Plus loin dans le classement, on retrouve des actions de Chevron, la deuxième compagnie pétrolière américaine, avec une valeur de près de 350 millions de dollars. S’y ajoutent le spécialiste des services et équipements pétroliers Schlumberger (218 millions) ou encore Suncor Energy (183 millions). Ensemble, les actions de ces quatre sociétés pétrolières représentaient une valeur de près de 1,5 milliard de dollars, soit environ 1,44 milliard de francs actuellement. En revanche, la BNS s’est défaite à fin 2015 de ses participations dans des petites sociétés comme Contango Oil & Gas, spécialiste des sites pétroliers situés dans le Golfe du Mexique.

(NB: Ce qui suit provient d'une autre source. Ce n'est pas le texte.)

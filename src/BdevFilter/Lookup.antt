-- ===== src/BdevFilter/Lookup.antt =====
-- Looking up the filter of a device (`bdev_filter_get_by_bdev` of module/bdevfilter.c).
use blksnap.Prelude.{ℕ, ◌<◌, ◌≡◌, ◌⊎◌, refl, ap, inl, inr, none, some, arith, Option-cases}
use blksnap.BdevFilter.{
  Filters, BlockDevice, bdev_filter_get, bdev_filter_put, bdev_filter_free, bdev_filter_get_by_bdev,
  bdev_extension_find_bdev,
}
use blksnap.BdevFilter.Counts.{one, attached-find_bdev}
use blksnap.BdevFilter.Refs.{IsKept}

-- What a lookup by the device finds: nothing, or a filter with a reference.
pub get_by_bdev-cases :
    (d : BlockDevice) (w : Filters) (held made : ℕ → ℕ)
    → IsKept w held made
    → (bdev_filter_get_by_bdev d w ≡ (none, w))
      ⊎ ((f : ℕ) × (0 < w.kref f) × (bdev_filter_get_by_bdev d w ≡ (some f, bdev_filter_get f w)))
unfolding bdev_filter_get_by_bdev
get_by_bdev-cases d w held made k =
    let es = w.bdev_extension_list in
    elim (Option-cases (bdev_extension_find_bdev d.address es)) [
      | inl missing ↦ inl (rw (missing, bdev_filter_get_by_bdev) refl)
      | inr (ext, found) ↦ elim (Option-cases ext.bd_filter) [
        | inl bare ↦ inl (rw (found, bare, bdev_filter_get_by_bdev) refl)
        | inr (f, has) ↦ inr (
          f,
          ground (
            arith,
            k.refs.counted f,
            attached-find_bdev f d.address es ext found,
            ap (one f) has,
          ),
          rw (found, has, bdev_filter_get_by_bdev) refl,
        )
      ]
    ]

-- The filters are as they were.
pub record IsSame (w w' : Filters) : Type 0 where
  pub list_same : w'.bdev_extension_list ≡ w.bdev_extension_list
  pub kref_same : (f : ℕ) → w'.kref f ≡ w.kref f
  pub released_same : w'.released ≡ w.released

pub self-IsSame : (w : Filters) → IsSame w w
self-IsSame w = record { list_same = refl; kref_same = λ f. refl; released_same = refl }

-- A reference that is taken and dropped again leaves the filters as they were.
pub get_put-IsSame :
    (w : Filters) (f : ℕ) → 0 < w.kref f → IsSame w (bdev_filter_put f (bdev_filter_get f w))
unfolding bdev_filter_put bdev_filter_get bdev_filter_free
get_put-IsSame w f some_ref = record {
  list_same = ground (arith, some_ref);
  kref_same = λ g. ground (arith, some_ref);
  released_same = ground (arith, some_ref);
}
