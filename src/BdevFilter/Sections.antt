-- ===== src/BdevFilter/Sections.antt =====
-- The lock sections of `lp_bdev_filter_detach` and `bdev_filter_get_by_bdev` in module/bdevfilter.c. Each
-- finds the extension under the lock of the list, releases that lock, and goes on with the extension
-- under its own; another call may come in between.
use blksnap.Prelude.{ℕ, Option, none, some, ◌==◌, if◌then◌else◌}
use blksnap.Kernel.{enoent, Ret, ok, err}
use blksnap.BdevFilter.{
  BdevExtension, Filters, bdev_filter_get, bdev_filter_put, set_filter, bdev_extension_find,
}

-- The extension that was found before, as it is now; `none` where it was freed.
abbrev pub still_there : BdevExtension → Filters → Option BdevExtension
still_there ext w = elim (bdev_extension_find ext.dev_id w.bdev_extension_list) [
  | none ↦ none
  | some e ↦ if e.bdev == ext.bdev then some e else none
]

-- The second section of `lp_bdev_filter_detach`: the filter and the new state, or an access to an
-- extension that was freed.
pub take_filter : BdevExtension → Filters → Option (Option ℕ × Filters)
take_filter ext w = elim (still_there ext w) [
  | none ↦ none
  | some e ↦ elim e.bd_filter [
    | none ↦ some (none, w)
    | some f ↦ some (
      some f,
      record w { bdev_extension_list = set_filter ext.dev_id none w.bdev_extension_list },
    )
  ]
]

-- What follows it.
pub put_taken : Option ℕ → Filters → Ret × Filters
put_taken none w = (err enoent, w)
put_taken (some f) w = (ok, bdev_filter_put f w)

-- The second section of `bdev_filter_get_by_bdev`.
pub get_filter : BdevExtension → Filters → Option (Option ℕ × Filters)
get_filter ext w = elim (still_there ext w) [
  | none ↦ none
  | some e ↦ elim e.bd_filter [
    | none ↦ some (none, w)
    | some f ↦ some (some f, bdev_filter_get f w)
  ]
]
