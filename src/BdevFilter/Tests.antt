-- ===== src/BdevFilter/Tests.antt =====
-- Runs of module/bdevfilter.c, and the theorem at one.
use blksnap.Prelude.{
  ℕ, ◌+◌, ◌≤◌, ◌<◌, ◌≡◌, refl, true, some, none, [], ◌∷◌, ◌==◌, if◌then◌else◌, arith,
}
use blksnap.Kernel.{err, ebusy}
use blksnap.BdevFilter.{
  BdevExtension, Filters, BlockDevice, bdev_filter_init, bdev_filter_put, set_filter, delete,
  bdev_extension_find, bdev_extension_append, bdev_filter_attach, bdev_filter_free,
}
use blksnap.BdevFilter.Counts.{attached, devices}
use blksnap.BdevFilter.Refs.{times}
use blksnap.BdevFilter.History.{
  State, Steps, makes, attaches, attaches_to, none_more, next, unused, released_once,
}

abbrev pub sda : (address : ℕ) → BlockDevice
sda address = record { bd_dev = 8; address = address }

abbrev pub filter_7 : Filters
filter_7 = bdev_filter_init 7 unused.filters

-- A second filter on the device is refused.
attach_twice :
    (bdev_filter_attach true (sda 100) 9 (bdev_filter_attach true (sda 100) 7 filter_7).1).0
    ≡ err ebusy
unfolding bdev_filter_attach bdev_extension_append bdev_extension_find set_filter bdev_filter_init
attach_twice = refl

-- The device came back at another address: the old filter is put, and released.
recreated :
    (bdev_filter_attach true
      (sda 200)
      9
      (bdev_filter_attach true (sda 100) 7 filter_7).1).1.released
    ≡ 7 ∷ []
unfolding bdev_filter_attach bdev_extension_append bdev_extension_find set_filter delete
    bdev_filter_put bdev_filter_free bdev_filter_init
recreated = refl

abbrev pub made_7 : State
made_7 = record {
  filters = filter_7;
  held = λ x. 0 + (if x == 7 then 1 else 0);
  made = λ x. 0 + (if x == 7 then 1 else 0);
}

abbrev pub attached_7 : State
attached_7 = record made_7 {
  filters = (bdev_filter_attach true (sda 100) 7 filter_7).1;
  held = attaches (bdev_filter_attach true (sda 100) 7 filter_7).0 7 made_7.held;
}

pub Steps-7 : Steps unused attached_7
Steps-7 =
    next unused made_7 attached_7
      (next unused unused made_7 (none_more unused) (makes unused 7 refl))
      (attaches_to made_7 true (sda 100) 7 (omega arith))

released_once_example :
    let es = attached_7.filters.bdev_extension_list in
    ((dev : ℕ) → devices dev es ≤ 1)
    × (attached_7.filters.kref 7 ≡ attached 7 es + attached_7.held 7)
    × (0 < attached 7 es + attached_7.held 7 → times 7 attached_7.filters.released ≡ 0)
    × (attached_7.made 7 ≡ 1
        → attached 7 es + attached_7.held 7 ≡ 0
        → times 7 attached_7.filters.released ≡ 1)
released_once_example = released_once attached_7 7 Steps-7

abbrev ext_7 : BdevExtension
ext_7 = record { dev_id = 8; bdev = 100; bd_filter = some 7 }

abbrev taken_over : Filters
taken_over = bdev_filter_put 7 (record attached_7.filters {
  bdev_extension_list = record { dev_id = 8; bdev = 200; bd_filter = none } ∷ [];
})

Une gestion avant tout indicielle

La BNS précise qu’elle n’opère pas une sélection de titres individuels mais que son portefeuille est assemblé sur la base de la «combinaison d’indices élargis», dont les noms ne sont pas précisés. Dans ses principes en matière de politique de placement, l’institut mentionne sur son site certains critères conduisant à l’exclusion de titres. La banque s’abstient par exemple d’acheter des actions d’entreprises «qui produisent des armes prohibées par la communauté internationale», ou encore des sociétés «qui causent de manière systématique de graves dommages à l’environnement». Ce dernier critère ne suffit toutefois pas à exclure les titres des sociétés actives par exemple dans l’exploitation des gaz de schistes ou des centrales à charbon, comme la liste d’actions répertoriées par la SEC permet de le déduire, fait remarquer la BNS.